▶ _Task_: Your reply should contain only the line with "(get_g default_mapper env" and the lines after it through the end of the data, each written out exactly.

[Records for the task]

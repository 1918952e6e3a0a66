-- ===== src/Generics/Get/Same.antt =====
-- `GetG`, and `Get` into a new object.
use sqlx_v.Prelude.{true, ℕ, Bool, false, Option, none, some, List, [], ◌≡◌, refl, inl, inr}
use sqlx_v.Errors.{Error, no_rows, root, Result, ok, fail, panics, Result-cases}
use sqlx_v.Value.{GoType, pointer_to, kind, is_pointer}
use sqlx_v.Reflectx.Mapper.{Mapper}
use sqlx_v.Reflectx.Address.{Memory}
use sqlx_v.Reflectx.Tags.{Setting}
use sqlx_v.Engine.Dest.{Slot}
use sqlx_v.Engine.Scan.{SqlRows, closing, Caches, Scan, Scanned, iterate_body, iterate_scan}
use sqlx_v.Engine.Scan.Select.{Item, new_object}
use sqlx_v.Engine.Scan.Get.{same_object, find_one, found_one, get_into, get_scan}
use sqlx_v.Handles.{Queryer, get_context}
use sqlx_v.Generics.{is_asserted, elem_type, has_no_type, deferred_close}
use sqlx_v.Generics.Get.{item_at, Got, get_rows, get_with, get_g}
use sqlx_v.Generics.Get.Row.{SameGet, SameFirst, get_columns-SameFirst}

closes-SameGet :
    (close_err : Option Error) (item : Memory → Item) (p : Memory × Result Item)
    (q : Scan Bool × Result (Unit {0}))
    → SameFirst close_err item p q
    → SameGet item
        (p.0, deferred_close close_err p.1)
        (q.0.memory, found_one q.0.out (closing close_err q.1))
closes-SameGet none item (m, ok i) (w, r) (e, found, same, read) = rw (e, found) (refl, same, read)
closes-SameGet (some x) item (m, ok i) (w, r) (e, found, same, read) = rw e (x, refl, refl)
closes-SameGet none item (m, fail e) (w, r) (inl (x, h, same)) = rw h (x, refl, same)
closes-SameGet (some c) item (m, fail e) (w, r) (inl (x, h, same)) = rw h (x, refl, same)
closes-SameGet none item (m, fail e) (w, r) (inr (none_left, h, missing, quiet)) =
    rw (h, missing, none_left) (no_rows, refl, refl)
closes-SameGet (some c) item (m, fail e) (w, r) (inr (none_left, h, missing, quiet)) = absurd (cc)
closes-SameGet none item (m, panics) (w, r) h = rw h refl
closes-SameGet (some c) item (m, panics) (w, r) h = rw h refl

-- What the two calls return and leave.
pub record SameGot {R : Type 0} (item : Memory → Item) (s : Got R) (r : Scanned R Bool)
    : Type 0 where
  pub same_item : SameGet item (s.memory, s.item) (r.scan.memory, r.result)
  pub same_rows : s.rows ≡ r.rows
  pub same_caches : s.caches ≡ r.caches

-- The two calls end alike: both fail at the query, with the same error at the root, or both go on.
abbrev pub SameGetCall :
    {R : Type 0} → (Memory → Item) → Result (Got R) → Result (Scanned R Bool) → Type 0
SameGetCall item (ok s) r = (s' : Scanned _ Bool) × (r ≡ ok s') × SameGot item s s'
SameGetCall item (fail e) r = (x : Error) × (r ≡ fail x) × (root e ≡ root x)
SameGetCall item panics r = r ≡ panics

module _ {R : Type 0} (env : Setting) (size : GoType → ℕ)
    (sql_scan : R → List Slot → Memory → Memory × Result (Unit {0})) (t : GoType) (memory : Memory)
    (typed : has_no_type t ≡ false) (asserted : is_asserted t ≡ true) where
  get_rows-SameFirst :
      (rows : SqlRows R) (is_unsafe strict : Bool) (caches : Caches)
      → (rows.pending ≡ [] → rows.close_err ≡ none)
      → let p = get_rows env size sql_scan rows t is_unsafe strict caches memory in
        let s =
          iterate_body env size sql_scan
            (same_object memory.next)
            find_one
            rows
            (elem_type t)
            is_unsafe
            strict
            caches
            (record {
              memory = (new_object (size (elem_type t)) memory).1;
              scan_dest = [];
              out = false;
            }) in
        SameFirst rows.close_err
          (item_at (is_pointer (kind t)) (size (elem_type t)) memory.next)
          p.0
          s.0
        × (p.1 ≡ s.1)
  unfolding get_rows iterate_body
  get_rows-SameFirst rows is_unsafe strict caches quiet =
      simp typed (elim (Result-cases rows.columns) [
        | inl (columns, e) ↦
            rw (e, iterate_body, asserted)
              (get_columns-SameFirst env size sql_scan (is_pointer (kind t)) (elem_type t) memory
                rows quiet is_unsafe strict columns caches)
        | inr (inl (x, e)) ↦ rw (e, iterate_body) (inl (_, refl, refl), refl)
        | inr (inr e) ↦ rw (e, iterate_body) (refl, refl)
      ])

  get_with-get_into :
      (rows : SqlRows R) (is_unsafe strict : Bool) (caches : Caches)
      → (rows.pending ≡ [] → rows.close_err ≡ none)
      → SameGot
          (item_at (is_pointer (kind t)) (size (elem_type t)) memory.next)
          (get_with env size sql_scan rows t is_unsafe strict caches memory)
          (get_into env size sql_scan rows
            (elem_type t)
            memory.next
            is_unsafe
            strict
            caches
            (new_object (size (elem_type t)) memory).1)
  unfolding get_with get_into iterate_scan
  get_with-get_into rows is_unsafe strict caches quiet =
      let (same, cached) = get_rows-SameFirst rows is_unsafe strict caches quiet in
      record {
        same_item = closes-SameGet rows.close_err _ _ _ same;
        same_rows = refl;
        same_caches = cached;
      }

-- `GetG` is `Get` into a new object: from the same handle and rows, with no error of `Close` if there
-- is no row, it returns what `Get` leaves in the object, or the pointer to it, an error with the same
-- error at its root, or panics, closes the rows and leaves the same caches. The type is
-- no interface, and no defined type of pointers, whose assertion panics.
pub get_g-get_context :
    {R : Type 0} (default_mapper : Mapper) (env : Setting) (size : GoType → ℕ)
    (sql_scan : R → List Slot → Memory → Memory × Result (Unit {0})) (q : Queryer)
    (queried : Result (SqlRows R)) (t : GoType) (caches : Caches) (memory : Memory)
    → has_no_type t ≡ false
    → is_asserted t ≡ true
    → ((rows : SqlRows R) → queried ≡ ok rows → rows.pending ≡ [] → rows.close_err ≡ none)
    → SameGetCall
        (item_at (is_pointer (kind t)) (size (elem_type t)) memory.next)
        (get_g default_mapper env size sql_scan q queried t caches memory)
        (get_context default_mapper env size sql_scan q queried
          (record { type = some (pointer_to (elem_type t)); target = memory.next })
          caches
          (new_object (size (elem_type t)) memory).1)
unfolding get_g get_context get_scan
get_g-get_context default_mapper env size sql_scan q (ok rows) t caches memory typed asserted
      quiet =
    (
      _,
      refl,
      get_with-get_into _ size sql_scan t memory typed asserted rows _ _ caches (quiet rows refl),
    )
get_g-get_context default_mapper env size sql_scan q (fail e) t caches memory typed asserted quiet =
    (_, refl, refl)
get_g-get_context default_mapper env size sql_scan q panics t caches memory typed asserted quiet =
    refl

[/Records for the task]

▶ _Final answer_:
        (get_g default_mapper env size sql_scan q queried t caches memory)
        (get_context default_mapper env size sql_scan q queried
          (record { type = some (pointer_to (elem_type t)); target = memory.next })
          caches
          (new_object (size (elem_type t)) memory).1)
unfolding get_g get_context get_scan
get_g-get_context default_mapper env size sql_scan q (ok rows) t caches memory typed asserted
      quiet =
    (
      _,
      refl,
      get_with-get_into _ size sql_scan t memory typed asserted rows _ _ caches (quiet rows refl),
    )
get_g-get_context default_mapper env size sql_scan q (fail e) t caches memory typed asserted quiet =
    (_, refl, refl)
get_g-get_context default_mapper env size sql_scan q panics t caches memory typed asserted quiet =
    refl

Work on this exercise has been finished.